START DATASET EXCERPTS
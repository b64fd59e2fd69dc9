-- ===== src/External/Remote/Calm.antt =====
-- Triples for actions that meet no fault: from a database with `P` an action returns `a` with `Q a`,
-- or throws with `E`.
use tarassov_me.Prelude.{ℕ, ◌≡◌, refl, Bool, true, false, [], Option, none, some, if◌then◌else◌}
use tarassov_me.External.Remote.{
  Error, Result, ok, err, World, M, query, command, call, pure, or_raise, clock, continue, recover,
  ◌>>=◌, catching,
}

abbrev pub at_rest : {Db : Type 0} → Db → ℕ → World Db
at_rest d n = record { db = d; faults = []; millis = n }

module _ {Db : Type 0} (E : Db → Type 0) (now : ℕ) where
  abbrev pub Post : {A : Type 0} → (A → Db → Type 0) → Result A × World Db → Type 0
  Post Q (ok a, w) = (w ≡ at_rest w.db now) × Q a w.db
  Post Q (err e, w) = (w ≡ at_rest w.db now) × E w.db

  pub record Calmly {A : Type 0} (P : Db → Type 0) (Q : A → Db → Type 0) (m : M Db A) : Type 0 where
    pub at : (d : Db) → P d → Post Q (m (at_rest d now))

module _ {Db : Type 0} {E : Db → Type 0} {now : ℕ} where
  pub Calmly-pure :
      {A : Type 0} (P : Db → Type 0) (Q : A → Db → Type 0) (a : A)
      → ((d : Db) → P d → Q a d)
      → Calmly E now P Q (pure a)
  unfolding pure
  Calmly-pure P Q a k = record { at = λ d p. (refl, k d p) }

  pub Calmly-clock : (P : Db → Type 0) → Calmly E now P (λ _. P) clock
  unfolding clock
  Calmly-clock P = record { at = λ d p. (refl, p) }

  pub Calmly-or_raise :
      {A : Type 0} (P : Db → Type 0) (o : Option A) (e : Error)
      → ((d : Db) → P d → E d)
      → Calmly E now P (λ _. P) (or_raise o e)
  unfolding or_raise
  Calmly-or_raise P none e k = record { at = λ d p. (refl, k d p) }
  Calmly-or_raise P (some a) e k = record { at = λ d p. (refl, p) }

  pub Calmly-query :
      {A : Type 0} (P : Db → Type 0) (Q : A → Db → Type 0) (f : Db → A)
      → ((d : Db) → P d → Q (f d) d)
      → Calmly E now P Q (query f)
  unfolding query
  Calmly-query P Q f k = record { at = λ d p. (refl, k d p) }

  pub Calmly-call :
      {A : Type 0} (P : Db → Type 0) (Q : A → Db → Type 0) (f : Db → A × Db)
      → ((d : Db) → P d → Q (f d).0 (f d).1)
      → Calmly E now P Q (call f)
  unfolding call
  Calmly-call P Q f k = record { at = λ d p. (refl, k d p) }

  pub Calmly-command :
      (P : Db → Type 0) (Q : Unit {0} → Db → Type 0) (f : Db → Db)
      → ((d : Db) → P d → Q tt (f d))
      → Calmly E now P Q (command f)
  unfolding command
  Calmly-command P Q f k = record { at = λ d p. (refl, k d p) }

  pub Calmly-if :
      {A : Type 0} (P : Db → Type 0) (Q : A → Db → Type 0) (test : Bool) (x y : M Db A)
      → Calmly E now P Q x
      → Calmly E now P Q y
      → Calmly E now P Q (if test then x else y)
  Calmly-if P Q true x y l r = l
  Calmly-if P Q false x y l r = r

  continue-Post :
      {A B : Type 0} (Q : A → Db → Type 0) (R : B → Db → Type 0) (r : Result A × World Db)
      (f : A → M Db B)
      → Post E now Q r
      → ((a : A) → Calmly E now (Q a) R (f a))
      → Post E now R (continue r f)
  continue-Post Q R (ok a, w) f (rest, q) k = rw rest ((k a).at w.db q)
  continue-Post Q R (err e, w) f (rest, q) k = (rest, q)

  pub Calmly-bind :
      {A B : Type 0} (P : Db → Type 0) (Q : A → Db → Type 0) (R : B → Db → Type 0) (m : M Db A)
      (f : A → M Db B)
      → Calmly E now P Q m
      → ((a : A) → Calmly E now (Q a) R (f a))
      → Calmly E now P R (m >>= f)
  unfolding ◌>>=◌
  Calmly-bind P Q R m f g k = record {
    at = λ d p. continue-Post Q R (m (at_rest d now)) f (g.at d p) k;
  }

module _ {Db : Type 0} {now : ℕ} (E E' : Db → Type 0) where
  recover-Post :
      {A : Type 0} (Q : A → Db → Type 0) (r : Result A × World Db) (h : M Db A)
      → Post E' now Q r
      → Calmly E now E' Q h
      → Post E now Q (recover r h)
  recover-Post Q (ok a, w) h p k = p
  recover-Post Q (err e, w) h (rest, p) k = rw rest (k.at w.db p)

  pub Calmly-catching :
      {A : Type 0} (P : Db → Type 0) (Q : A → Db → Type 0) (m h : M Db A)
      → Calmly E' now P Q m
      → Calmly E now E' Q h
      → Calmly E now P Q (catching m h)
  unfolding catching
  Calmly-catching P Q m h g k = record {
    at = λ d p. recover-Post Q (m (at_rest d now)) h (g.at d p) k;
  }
END DATASET EXCERPTS
Write out, from the lines above, only those from the line with "d → Q (f d) d)" to the line with "Db → A × Db)", exactly as given, including the first and the last.

■ YOUR SOLUTION:
      → ((d : Db) → P d → Q (f d) d)
      → Calmly E now P Q (query f)
  unfolding query
  Calmly-query P Q f k = record { at = λ d p. (refl, k d p) }

  pub Calmly-call :
      {A : Type 0} (P : Db → Type 0) (Q : A → Db → Type 0) (f : Db → A × Db)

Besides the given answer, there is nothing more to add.